* _Your assignment_
The expected answer is the set of lines in the data below between the line holding "if q.given_body then" and the line holding "reserve_locked clock stamp (digest", inclusive, written out exactly.

==== Data extract ====

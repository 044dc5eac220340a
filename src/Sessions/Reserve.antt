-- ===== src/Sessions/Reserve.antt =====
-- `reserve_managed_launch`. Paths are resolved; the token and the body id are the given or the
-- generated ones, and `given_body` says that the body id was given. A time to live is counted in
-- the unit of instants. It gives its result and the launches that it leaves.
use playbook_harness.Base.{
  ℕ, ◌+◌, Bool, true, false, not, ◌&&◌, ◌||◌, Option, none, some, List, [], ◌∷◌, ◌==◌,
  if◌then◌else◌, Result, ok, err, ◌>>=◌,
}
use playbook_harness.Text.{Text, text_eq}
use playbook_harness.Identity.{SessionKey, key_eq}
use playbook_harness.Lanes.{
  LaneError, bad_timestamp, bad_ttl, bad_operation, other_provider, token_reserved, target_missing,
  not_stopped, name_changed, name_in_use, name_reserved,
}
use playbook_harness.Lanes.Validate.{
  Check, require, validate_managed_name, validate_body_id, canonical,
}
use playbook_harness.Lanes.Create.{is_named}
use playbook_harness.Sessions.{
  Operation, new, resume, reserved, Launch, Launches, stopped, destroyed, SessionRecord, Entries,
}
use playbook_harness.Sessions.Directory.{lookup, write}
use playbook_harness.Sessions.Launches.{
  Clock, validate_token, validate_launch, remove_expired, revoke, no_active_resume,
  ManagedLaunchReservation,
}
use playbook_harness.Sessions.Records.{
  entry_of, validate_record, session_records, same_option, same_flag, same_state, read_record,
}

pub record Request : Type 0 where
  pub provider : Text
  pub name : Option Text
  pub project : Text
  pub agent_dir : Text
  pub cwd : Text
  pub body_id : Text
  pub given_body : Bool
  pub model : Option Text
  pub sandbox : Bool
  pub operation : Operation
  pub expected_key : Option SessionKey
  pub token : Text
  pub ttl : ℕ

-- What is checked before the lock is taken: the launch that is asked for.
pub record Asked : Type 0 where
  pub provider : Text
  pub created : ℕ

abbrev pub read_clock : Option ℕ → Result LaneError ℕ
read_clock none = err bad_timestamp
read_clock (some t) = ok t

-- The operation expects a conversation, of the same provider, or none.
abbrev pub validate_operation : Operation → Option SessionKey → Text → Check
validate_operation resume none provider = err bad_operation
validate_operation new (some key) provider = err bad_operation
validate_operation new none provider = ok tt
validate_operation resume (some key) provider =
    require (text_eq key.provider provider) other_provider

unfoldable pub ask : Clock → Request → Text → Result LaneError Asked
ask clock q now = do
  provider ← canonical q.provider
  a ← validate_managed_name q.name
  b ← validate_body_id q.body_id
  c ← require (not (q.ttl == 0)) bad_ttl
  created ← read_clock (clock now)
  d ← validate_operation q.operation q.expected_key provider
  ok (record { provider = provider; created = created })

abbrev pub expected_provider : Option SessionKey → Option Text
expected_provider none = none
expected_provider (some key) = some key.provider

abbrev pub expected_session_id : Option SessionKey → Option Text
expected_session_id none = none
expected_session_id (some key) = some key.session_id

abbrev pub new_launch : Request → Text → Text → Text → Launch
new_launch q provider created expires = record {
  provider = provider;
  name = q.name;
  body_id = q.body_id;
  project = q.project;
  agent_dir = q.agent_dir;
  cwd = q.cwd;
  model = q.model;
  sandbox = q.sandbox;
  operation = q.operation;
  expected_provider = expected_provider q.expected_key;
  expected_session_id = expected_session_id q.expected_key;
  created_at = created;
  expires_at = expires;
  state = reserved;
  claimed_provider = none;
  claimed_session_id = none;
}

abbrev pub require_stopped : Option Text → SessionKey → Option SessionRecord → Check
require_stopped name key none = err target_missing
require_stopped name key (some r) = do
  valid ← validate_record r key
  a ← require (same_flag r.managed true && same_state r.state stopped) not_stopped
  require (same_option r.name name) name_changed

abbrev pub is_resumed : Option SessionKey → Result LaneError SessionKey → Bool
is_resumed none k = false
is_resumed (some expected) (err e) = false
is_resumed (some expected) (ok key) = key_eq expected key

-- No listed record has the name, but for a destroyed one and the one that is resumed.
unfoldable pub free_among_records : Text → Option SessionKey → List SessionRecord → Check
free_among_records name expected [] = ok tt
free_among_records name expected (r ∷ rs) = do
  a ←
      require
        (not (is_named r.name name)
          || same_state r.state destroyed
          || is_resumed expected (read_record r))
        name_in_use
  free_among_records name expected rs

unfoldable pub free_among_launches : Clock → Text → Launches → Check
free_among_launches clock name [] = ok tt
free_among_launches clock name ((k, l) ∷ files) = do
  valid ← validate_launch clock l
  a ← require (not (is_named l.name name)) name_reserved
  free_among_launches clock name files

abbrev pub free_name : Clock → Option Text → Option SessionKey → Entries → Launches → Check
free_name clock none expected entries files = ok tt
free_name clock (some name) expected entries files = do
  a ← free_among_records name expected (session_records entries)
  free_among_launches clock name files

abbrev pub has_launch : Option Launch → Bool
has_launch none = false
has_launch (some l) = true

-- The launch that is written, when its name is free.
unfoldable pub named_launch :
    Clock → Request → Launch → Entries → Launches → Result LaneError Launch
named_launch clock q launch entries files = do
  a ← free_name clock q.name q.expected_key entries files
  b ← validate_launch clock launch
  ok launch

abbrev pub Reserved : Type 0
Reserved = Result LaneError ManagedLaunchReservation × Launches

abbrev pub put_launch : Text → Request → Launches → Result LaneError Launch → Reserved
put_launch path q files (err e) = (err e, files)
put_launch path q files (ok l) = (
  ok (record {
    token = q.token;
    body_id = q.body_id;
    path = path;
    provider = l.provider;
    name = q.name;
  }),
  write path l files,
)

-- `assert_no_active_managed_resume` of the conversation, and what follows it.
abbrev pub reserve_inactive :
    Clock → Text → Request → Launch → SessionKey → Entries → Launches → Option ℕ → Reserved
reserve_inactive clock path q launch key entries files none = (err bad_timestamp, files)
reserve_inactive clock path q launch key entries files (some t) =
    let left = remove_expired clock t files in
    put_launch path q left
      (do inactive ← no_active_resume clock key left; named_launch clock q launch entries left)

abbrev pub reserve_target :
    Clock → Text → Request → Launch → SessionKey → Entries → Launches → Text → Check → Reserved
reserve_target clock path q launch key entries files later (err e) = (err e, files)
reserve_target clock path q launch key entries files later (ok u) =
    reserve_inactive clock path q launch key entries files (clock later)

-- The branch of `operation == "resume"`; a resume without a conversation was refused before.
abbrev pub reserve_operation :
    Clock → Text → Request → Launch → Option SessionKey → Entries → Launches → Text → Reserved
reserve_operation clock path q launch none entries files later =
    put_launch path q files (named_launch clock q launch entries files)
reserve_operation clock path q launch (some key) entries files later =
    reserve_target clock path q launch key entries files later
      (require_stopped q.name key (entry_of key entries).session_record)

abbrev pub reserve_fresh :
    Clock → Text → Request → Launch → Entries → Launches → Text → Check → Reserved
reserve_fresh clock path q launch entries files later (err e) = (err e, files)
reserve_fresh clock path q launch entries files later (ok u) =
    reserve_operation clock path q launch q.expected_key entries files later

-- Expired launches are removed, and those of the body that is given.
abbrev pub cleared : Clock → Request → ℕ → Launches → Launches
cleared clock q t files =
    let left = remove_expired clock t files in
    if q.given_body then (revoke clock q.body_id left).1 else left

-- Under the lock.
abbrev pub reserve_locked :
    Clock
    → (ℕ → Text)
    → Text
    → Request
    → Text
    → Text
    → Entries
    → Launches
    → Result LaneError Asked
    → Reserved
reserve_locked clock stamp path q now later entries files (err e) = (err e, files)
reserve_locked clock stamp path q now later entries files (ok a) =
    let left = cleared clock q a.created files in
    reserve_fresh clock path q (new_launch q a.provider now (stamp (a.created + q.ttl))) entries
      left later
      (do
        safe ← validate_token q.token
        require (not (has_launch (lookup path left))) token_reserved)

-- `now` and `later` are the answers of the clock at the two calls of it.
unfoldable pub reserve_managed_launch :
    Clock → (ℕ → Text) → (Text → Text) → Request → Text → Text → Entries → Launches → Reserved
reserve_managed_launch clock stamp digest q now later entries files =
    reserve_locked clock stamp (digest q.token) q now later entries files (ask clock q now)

====
==== Data extract ====

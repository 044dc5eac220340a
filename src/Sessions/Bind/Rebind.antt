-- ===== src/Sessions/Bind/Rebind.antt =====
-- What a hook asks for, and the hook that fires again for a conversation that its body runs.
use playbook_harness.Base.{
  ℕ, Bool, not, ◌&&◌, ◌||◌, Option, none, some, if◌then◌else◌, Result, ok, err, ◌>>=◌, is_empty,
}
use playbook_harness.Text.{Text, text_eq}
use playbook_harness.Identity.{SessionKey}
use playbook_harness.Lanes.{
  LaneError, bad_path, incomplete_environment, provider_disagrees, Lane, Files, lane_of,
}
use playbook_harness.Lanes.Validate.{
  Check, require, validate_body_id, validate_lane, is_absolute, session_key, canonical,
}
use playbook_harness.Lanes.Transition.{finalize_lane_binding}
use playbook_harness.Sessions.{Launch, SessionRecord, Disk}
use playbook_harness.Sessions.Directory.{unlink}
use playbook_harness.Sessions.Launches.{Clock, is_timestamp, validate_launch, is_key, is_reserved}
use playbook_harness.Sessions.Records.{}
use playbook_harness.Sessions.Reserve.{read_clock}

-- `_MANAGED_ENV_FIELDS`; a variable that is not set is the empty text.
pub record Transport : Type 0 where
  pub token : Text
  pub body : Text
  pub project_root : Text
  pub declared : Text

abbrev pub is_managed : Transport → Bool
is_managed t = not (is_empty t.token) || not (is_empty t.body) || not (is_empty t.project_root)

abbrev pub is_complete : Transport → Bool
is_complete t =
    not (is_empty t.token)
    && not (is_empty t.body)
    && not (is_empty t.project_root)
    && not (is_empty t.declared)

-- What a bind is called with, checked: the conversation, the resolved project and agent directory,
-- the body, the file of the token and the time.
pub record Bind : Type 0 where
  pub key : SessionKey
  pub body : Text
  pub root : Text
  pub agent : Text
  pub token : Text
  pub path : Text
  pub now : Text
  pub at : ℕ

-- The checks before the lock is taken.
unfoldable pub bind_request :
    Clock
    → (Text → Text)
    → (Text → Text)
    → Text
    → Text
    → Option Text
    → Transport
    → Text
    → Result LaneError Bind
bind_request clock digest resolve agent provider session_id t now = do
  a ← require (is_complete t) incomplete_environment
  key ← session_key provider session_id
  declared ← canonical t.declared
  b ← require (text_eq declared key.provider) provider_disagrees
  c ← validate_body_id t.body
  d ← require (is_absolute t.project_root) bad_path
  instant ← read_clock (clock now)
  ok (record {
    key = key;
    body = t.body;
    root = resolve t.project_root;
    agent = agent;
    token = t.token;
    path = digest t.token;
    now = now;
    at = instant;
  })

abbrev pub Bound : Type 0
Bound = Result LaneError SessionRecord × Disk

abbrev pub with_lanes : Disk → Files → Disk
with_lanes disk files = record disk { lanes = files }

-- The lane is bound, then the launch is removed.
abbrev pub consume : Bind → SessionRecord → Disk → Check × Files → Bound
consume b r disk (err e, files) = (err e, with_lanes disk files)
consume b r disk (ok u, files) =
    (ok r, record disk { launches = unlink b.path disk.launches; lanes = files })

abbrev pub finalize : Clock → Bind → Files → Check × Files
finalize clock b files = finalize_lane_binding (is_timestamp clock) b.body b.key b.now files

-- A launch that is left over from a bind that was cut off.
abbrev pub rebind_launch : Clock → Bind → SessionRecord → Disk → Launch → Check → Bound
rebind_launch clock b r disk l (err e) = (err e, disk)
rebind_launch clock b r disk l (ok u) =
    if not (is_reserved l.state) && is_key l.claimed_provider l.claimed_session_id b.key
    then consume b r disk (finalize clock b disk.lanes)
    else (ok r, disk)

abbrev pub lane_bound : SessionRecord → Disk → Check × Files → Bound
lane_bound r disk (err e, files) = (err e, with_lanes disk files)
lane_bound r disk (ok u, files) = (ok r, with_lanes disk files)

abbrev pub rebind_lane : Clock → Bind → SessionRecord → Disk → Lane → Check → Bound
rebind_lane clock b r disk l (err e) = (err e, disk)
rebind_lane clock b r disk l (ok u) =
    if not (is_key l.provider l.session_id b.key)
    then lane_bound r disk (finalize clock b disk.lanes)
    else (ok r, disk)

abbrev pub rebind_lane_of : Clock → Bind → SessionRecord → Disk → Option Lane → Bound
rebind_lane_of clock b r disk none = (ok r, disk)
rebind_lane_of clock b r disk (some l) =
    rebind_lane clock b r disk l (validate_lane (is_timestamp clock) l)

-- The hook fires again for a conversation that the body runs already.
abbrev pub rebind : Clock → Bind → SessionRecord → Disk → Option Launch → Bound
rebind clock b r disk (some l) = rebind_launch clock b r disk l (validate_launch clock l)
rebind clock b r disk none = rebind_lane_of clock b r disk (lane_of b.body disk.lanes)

====

* _Your solution_
    if q.given_body then (revoke clock q.body_id left).1 else left

-- Under the lock.
abbrev pub reserve_locked :
    Clock
    → (ℕ → Text)
    → Text
    → Request
    → Text
    → Text
    → Entries
    → Launches
    → Result LaneError Asked
    → Reserved
reserve_locked clock stamp path q now later entries files (err e) = (err e, files)
reserve_locked clock stamp path q now later entries files (ok a) =
    let left = cleared clock q a.created files in
    reserve_fresh clock path q (new_launch q a.provider now (stamp (a.created + q.ttl))) entries
      left later
      (do
        safe ← validate_token q.token
        require (not (has_launch (lookup path left))) token_reserved)

-- `now` and `later` are the answers of the clock at the two calls of it.
unfoldable pub reserve_managed_launch :
    Clock → (ℕ → Text) → (Text → Text) → Request → Text → Text → Entries → Launches → Reserved
reserve_managed_launch clock stamp digest q now later entries files =
    reserve_locked clock stamp (digest q.token) q now later entries files (ask clock q now)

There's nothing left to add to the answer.